[Collection entries]
>>>
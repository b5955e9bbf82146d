-- ===== src/Demo/NodeStore/Kept.antt =====
-- presidium-demo/src/store.rs: what the operations behind a chat message leave in the database.
use presidium.Base.{
  ℕ, ◌≡◌, ◌≢◌, refl, true, false, some, ok, arith, Result-cases, Bool-cases, inl, inr,
}
use presidium.Crypto.Constants.{Bytes}
use presidium.Crypto.Primitives.{Primitives, Signatures, Json, JsonLaws}
use presidium.Crypto.Ratchet.{RatchetMessageHeader}
use presidium.Crypto.Keys.{SessionKeys}
use presidium.Crypto.Identity.{IdentityPublicKey, HybridSignature}
use presidium.Network.Messages.{NetworkEnvelope}
use presidium.Storage.Models.{ConversationRecord, incoming}
use presidium.Storage.SessionState.{RatchetSnapshot, SessionState, from_ratchet}
use presidium.Storage.Sql.{bytes_key, pair_key, exists, has_key, upsert}
use presidium.Storage.Sqleet.{has_nul}
use presidium.Storage.Texts.{TextLaws}
use presidium.Storage.Tables.{Database}
use presidium.Storage.Store.Stored.{save_session_cases}
use presidium.Demo.Envelopes.{Hash}
use presidium.Demo.Session.{ChatSession, chat_decrypt}
use presidium.Demo.Session.Kept.{chat_decrypt_kept}
use presidium.Demo.NodeStore.{
  upsert_conversation, insert_message, persist, resume, save_session, load_session,
}
use presidium.Demo.NodeStore.Restart.{IsResumable, resume-persist}
use presidium.Storage.Store.Messages
use presidium.Storage.Store.Messages.{message_uid}
use presidium.Storage.Store.Sessions
use presidium.Storage.Store
use presidium.Storage.Sql.References.{upsert-exists}

module _ ⦃p : Primitives⦄ ⦃s : Signatures⦄ ⦃hash : Hash⦄ ⦃header_json : Json RatchetMessageHeader⦄
    ⦃json : Json HybridSignature⦄ where
  pub chat_decrypt-IsResumable :
      (session : ChatSession) (envelope : NetworkEnvelope)
      → IsResumable session
      → IsResumable (chat_decrypt session envelope).0
  chat_decrypt-IsResumable session envelope h =
      let (same, kept) = chat_decrypt_kept session envelope in ground (arith, h, same, kept)

module _ ⦃keys_json : Json (SessionKeys IdentityPublicKey)⦄ ⦃ratchet_json : Json RatchetSnapshot⦄
    (keys_laws : JsonLaws keys_json) (ratchet_laws : JsonLaws ratchet_json)
    (keys_texts : TextLaws keys_laws) (ratchet_texts : TextLaws ratchet_laws) where
  pub persist_keeps :
      (now : ℕ) (session : ChatSession) (db db' : Database)
      → persist now session db ≡ ok db'
      → (db'.conversations ≡ db.conversations) × (db'.messages ≡ db.messages)
  unfolding persist save_session Sessions.save_session Sessions.insert_session Sessions.ratchet_text
  persist_keeps now session db db' e = ground (arith, e)

  persist_refused :
      (now : ℕ) (session : ChatSession) (db : Database)
      → exists (has_key ConversationRecord.id session.conversation_id) db.conversations ≡ false
      → (db' : Database) → persist now session db ≢ ok db'
  unfolding persist save_session
  persist_refused now session db absent db' e =
      let state : SessionState = record {
        is_initiator = session.is_initiator;
        session_keys = session.session_keys;
        ratchet = some (from_ratchet session.ratchet);
        last_used = now;
      } in
      elim (save_session_cases keys_laws ratchet_laws keys_texts ratchet_texts
        session.conversation_id state db) [
          | inl (owned, _, _) ↦ absurd (ground (arith, owned, absent))
          | inr (inl (_, refused)) ↦ ground (arith, refused, e)
          | inr (inr (_, refused)) ↦ ground (arith, refused, e)
        ]

  -- A session that could be persisted is resumed from what was persisted.
  pub persisted_resumes :
      (now : ℕ) (session : ChatSession) (db db' : Database)
      → IsResumable session
      → persist now session db ≡ ok db'
      → resume session.conversation_id db' ≡ ok (some session)
  persisted_resumes now session db db' h e =
      elim (Bool-cases
        (exists (has_key ConversationRecord.id session.conversation_id) db.conversations)) [
          | inl owned ↦
              let (stored, persisted, resumed) =
                resume-persist keys_laws ratchet_laws keys_texts ratchet_texts now session db h
                  owned in
              cc
          | inr absent ↦ absurd (persist_refused now session db absent db' e)
        ]

  -- The messages are no part of what `resume` reads.
  pub insert_message-resume :
      (now : ℕ) (conversation_id message_id : Bytes) (sender : IdentityPublicKey)
      (ciphertext header : Bytes) (db db' : Database) (row : ℕ) (id : Bytes)
      → insert_message now conversation_id message_id sender ciphertext header incoming db
        ≡ ok (db', row)
      → resume id db' ≡ resume id db
  unfolding insert_message resume load_session Messages.insert_message Sessions.load_session
  insert_message-resume now conversation_id message_id sender ciphertext header db db' row id e =
      ground (arith, e)

-- The conversation that was just stored is there, and the messages are as before.
pub upsert_conversation_lem :
    (now : ℕ) (id : Bytes) (peer : IdentityPublicKey) (db : Database)
    → has_nul id ≡ false
    → (db' : Database) × (upsert_conversation now id peer false db ≡ ok db')
      × (exists (has_key ConversationRecord.id id) db'.conversations ≡ true)
      × (db'.messages ≡ db.messages)
unfolding upsert_conversation Store.upsert_conversation
upsert_conversation_lem now id peer db named = (
  record db {
    conversations =
        upsert ConversationRecord.id Store.merge_conversation
          (record {
            id = id;
            peer_classical = peer.classical;
            peer_pq = peer.pq;
            is_group = false;
            created_at = now;
          })
          db.conversations;
  },
  rw named refl,
  upsert-exists ConversationRecord.id Store.merge_conversation
      (record {
        id = id;
        peer_classical = peer.classical;
        peer_pq = peer.pq;
        is_group = false;
        created_at = now;
      })
      db.conversations (λ old. refl),
  refl,
)

pub insert_message_lem :
    (now : ℕ) (conversation_id message_id : Bytes) (sender : IdentityPublicKey)
    (ciphertext header : Bytes) (db : Database)
    → has_nul conversation_id ≡ false
    → has_nul header ≡ false
    → exists (has_key message_uid (conversation_id, message_id)) db.messages ≡ false
    → exists (has_key ConversationRecord.id conversation_id) db.conversations ≡ true
    → (db' : Database) × (row : ℕ) × (insert_message now conversation_id message_id sender
          ciphertext header incoming db
        ≡ ok (db', row))
unfolding insert_message Messages.insert_message
insert_message_lem now conversation_id message_id sender ciphertext header db named headed fresh
      owned =
    elim (Result-cases
      (insert_message now conversation_id message_id sender ciphertext header incoming db)) [
        | inl ((db', row), e) ↦ (db', row, e)
        | inr (failure, e) ↦ absurd (ground (arith, e, named, headed, fresh, owned))
      ]
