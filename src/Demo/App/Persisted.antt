-- ===== src/Demo/App/Persisted.antt =====
-- presidium-demo/src/main.rs: the session in memory and the session in the database after a chat message.
use presidium.Base.{◌≡◌, true, false, some, ok, arith, Result-cases, inl, inr}
use presidium.Crypto.Constants.{Bytes}
use presidium.Crypto.Primitives.{Primitives, Signatures, Kem, Json, JsonLaws}
use presidium.Crypto.Ratchet.{RatchetMessageHeader}
use presidium.Crypto.Keys.{SessionKeys}
use presidium.Crypto.Identity.{IdentityPublicKey, HybridSignature, PreKeyBundle}
use presidium.Crypto.Pqxdh.{PqxdhPrekeyMessage}
use presidium.Network.Messages.{NetworkEnvelope}
use presidium.Storage.Models.{ConversationRecord, incoming}
use presidium.Storage.SessionState.{RatchetSnapshot}
use presidium.Storage.Sql.{bytes_key, pair_key, exists, has_key}
use presidium.Storage.Sqleet.{has_nul}
use presidium.Storage.Texts.{TextLaws}
use presidium.Demo.Envelopes.{Hash}
use presidium.Demo.Session.{ChatSession, chat_decrypt}
use presidium.Demo.Session.Kept.{chat_decrypt_kept}
use presidium.Demo.Group.{GroupKeyDistribution}
use presidium.Demo.NodeStore.{upsert_conversation, insert_message, persist, resume}
use presidium.Demo.NodeStore.Restart.{IsResumable, resume-persist}
use presidium.Demo.App.{App, Fresh, Utf8}
use presidium.Demo.App.Direct.{
  on_chat, resume_if_needed, store_conversation, decrypt_chat, persist_session, store_incoming,
  message_id_bytes,
}
use presidium.Storage.Store.Messages.{message_uid}
use presidium.Demo.NodeStore.Kept.{
  chat_decrypt-IsResumable, persist_keeps, persisted_resumes, insert_message-resume,
  upsert_conversation_lem, insert_message_lem,
}

module _ {Addr : Type 0} ⦃p : Primitives⦄ ⦃s : Signatures⦄ ⦃k : Kem⦄ ⦃hash : Hash⦄ ⦃utf8 : Utf8⦄
    ⦃header_json : Json RatchetMessageHeader⦄ ⦃signature_json : Json HybridSignature⦄
    ⦃prekey_json : Json PqxdhPrekeyMessage⦄ ⦃bundle_json : Json PreKeyBundle⦄
    ⦃group_json : Json GroupKeyDistribution⦄ ⦃keys_json : Json (SessionKeys IdentityPublicKey)⦄
    ⦃ratchet_json : Json RatchetSnapshot⦄ (keys_laws : JsonLaws keys_json)
    (ratchet_laws : JsonLaws ratchet_json) (keys_texts : TextLaws keys_laws)
    (ratchet_texts : TextLaws ratchet_laws) where
  -- Whenever the step returns without an error.
  on_chat_persisted :
      (fresh : Fresh) (envelope : NetworkEnvelope) (session : ChatSession) (app app' : App Addr)
      → app.session ≡ some session
      → IsResumable session
      → on_chat fresh envelope app ≡ (app', ok tt)
      → let session' : ChatSession = (chat_decrypt session envelope).0 in
        (app'.session ≡ some session')
        × (resume session'.conversation_id app'.db ≡ ok (some session'))
  unfolding on_chat resume_if_needed store_conversation decrypt_chat persist_session store_incoming
  on_chat_persisted fresh envelope session app app' has resumable e =
      let session' : ChatSession = (chat_decrypt session envelope).0 in
      elim (Result-cases (
        upsert_conversation fresh.now_millis envelope.conversation_id session.peer_identity false
          app.db)) [
            | inr (e', refused) ↦ absurd (ground (arith, e, has, refused))
            | inl (db1, upserted) ↦ elim (Result-cases (persist fresh.now_millis session' db1)) [
              | inr (e', refused) ↦ absurd (ground (arith, e, has, upserted, refused))
              | inl (db2, persisted) ↦
                  elim (Result-cases (
                    insert_message fresh.now_millis envelope.conversation_id
                      (message_id_bytes envelope.timestamp fresh.message_nonce)
                      session'.peer_identity envelope.encrypted_payload envelope.nonce incoming
                      db2)) [
                        | inr (e', refused) ↦
                            absurd (ground (arith, e, has, upserted, persisted, refused))
                        | inl ((db3, row), inserted) ↦
                            let resumed : resume session'.conversation_id db2 ≡ ok (some session') =
                              persisted_resumes keys_laws ratchet_laws keys_texts ratchet_texts
                                fresh.now_millis session' db1 db2
                                (chat_decrypt-IsResumable session envelope resumable) persisted in
                            let later : resume session'.conversation_id db3
                                ≡ resume session'.conversation_id db2 =
                              insert_message-resume keys_laws ratchet_laws keys_texts ratchet_texts
                                fresh.now_millis envelope.conversation_id
                                (message_id_bytes envelope.timestamp fresh.message_nonce)
                                session'.peer_identity envelope.encrypted_payload envelope.nonce db2
                                db3 row session'.conversation_id inserted in
                            ground (arith, e, has, upserted, persisted, inserted, resumed, later)
                      ]
            ]
          ]

  on_chat_returns :
      (fresh : Fresh) (envelope : NetworkEnvelope) (session session' : ChatSession)
      (plaintext : Bytes) (app : App Addr)
      → utf8.is_utf8 envelope.conversation_id ≡ true
      → utf8.is_utf8 envelope.nonce ≡ true
      → has_nul envelope.nonce ≡ false
      → app.session ≡ some session
      → IsResumable session
      → session.conversation_id ≡ envelope.conversation_id
      → chat_decrypt session envelope ≡ (session', ok plaintext)
      → exists
          (has_key message_uid
            (envelope.conversation_id, message_id_bytes envelope.timestamp fresh.message_nonce))
          app.db.messages
        ≡ false
      → (app' : App Addr) × (on_chat fresh envelope app ≡ (app', ok tt))
  unfolding on_chat resume_if_needed store_conversation decrypt_chat persist_session store_incoming
  on_chat_returns fresh envelope session session' plaintext app text text' clean has resumable same
        read new =
      let named : has_nul envelope.conversation_id ≡ false = ground (arith, resumable, same) in
      let (db1, upserted, stored, others) =
        upsert_conversation_lem fresh.now_millis envelope.conversation_id session.peer_identity
          app.db named in
      let ready : IsResumable (chat_decrypt session envelope).0 =
        chat_decrypt-IsResumable session envelope resumable in
      let (ratchet_kept, kept) = chat_decrypt_kept session envelope in
      let owned : exists (has_key ConversationRecord.id session'.conversation_id) db1.conversations
          ≡ true =
        ground (arith, stored, kept, read, same) in
      let (db2, persisted, resumed) =
        resume-persist keys_laws ratchet_laws keys_texts ratchet_texts fresh.now_millis session' db1
          (ground (arith, ready, read)) owned in
      let (conversations_kept, messages_kept) =
        persist_keeps keys_laws ratchet_laws keys_texts ratchet_texts fresh.now_millis session' db1
          db2 persisted in
      let (db3, row, inserted) =
        insert_message_lem fresh.now_millis envelope.conversation_id
          (message_id_bytes envelope.timestamp fresh.message_nonce) session'.peer_identity
          envelope.encrypted_payload envelope.nonce db2 named clean (rw (messages_kept, others) new)
          (rw conversations_kept stored) in
      (
        record app { db = db3; session = some session' },
        ground (arith, text, text', has, upserted, read, persisted, inserted),
      )

  -- A chat message of the session's conversation, which the session reads, which has a new message id and
  -- whose header text has no NUL byte, is taken without an error: the session in memory is then the session that read the message, and a node
  -- that is started again resumes exactly this session.
  pub on_chat_persists :
      (fresh : Fresh) (envelope : NetworkEnvelope) (session session' : ChatSession)
      (plaintext : Bytes) (app : App Addr)
      → utf8.is_utf8 envelope.conversation_id ≡ true
      → utf8.is_utf8 envelope.nonce ≡ true
      → has_nul envelope.nonce ≡ false
      → app.session ≡ some session
      → IsResumable session
      → session.conversation_id ≡ envelope.conversation_id
      → chat_decrypt session envelope ≡ (session', ok plaintext)
      → exists
          (has_key message_uid
            (envelope.conversation_id, message_id_bytes envelope.timestamp fresh.message_nonce))
          app.db.messages
        ≡ false
      → (app' : App Addr) × (on_chat fresh envelope app ≡ (app', ok tt))
        × (app'.session ≡ some session')
        × (resume session'.conversation_id app'.db ≡ ok (some session'))
  on_chat_persists fresh envelope session session' plaintext app text text' clean has resumable same
        read new =
      let (app', handled) =
        on_chat_returns fresh envelope session session' plaintext app text text' clean has resumable
          same read new in
      let (in_memory, stored) =
        on_chat_persisted fresh envelope session app app' has resumable handled in
      (app', handled, ground (arith, in_memory, read), ground (arith, stored, read))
<<<
WHAT THE EXERCISE ASKS> Only the lines above from the one with "absent db' e)" up to and including the one with "(now : ℕ) (id" should be repeated, exactly as written.

YOUR SOLUTION>
          | inr absent ↦ absurd (persist_refused now session db absent db' e)
        ]

  -- The messages are no part of what `resume` reads.
  pub insert_message-resume :
      (now : ℕ) (conversation_id message_id : Bytes) (sender : IdentityPublicKey)
      (ciphertext header : Bytes) (db db' : Database) (row : ℕ) (id : Bytes)
      → insert_message now conversation_id message_id sender ciphertext header incoming db
        ≡ ok (db', row)
      → resume id db' ≡ resume id db
  unfolding insert_message resume load_session Messages.insert_message Sessions.load_session
  insert_message-resume now conversation_id message_id sender ciphertext header db db' row id e =
      ground (arith, e)

-- The conversation that was just stored is there, and the messages are as before.
pub upsert_conversation_lem :
    (now : ℕ) (id : Bytes) (peer : IdentityPublicKey) (db : Database)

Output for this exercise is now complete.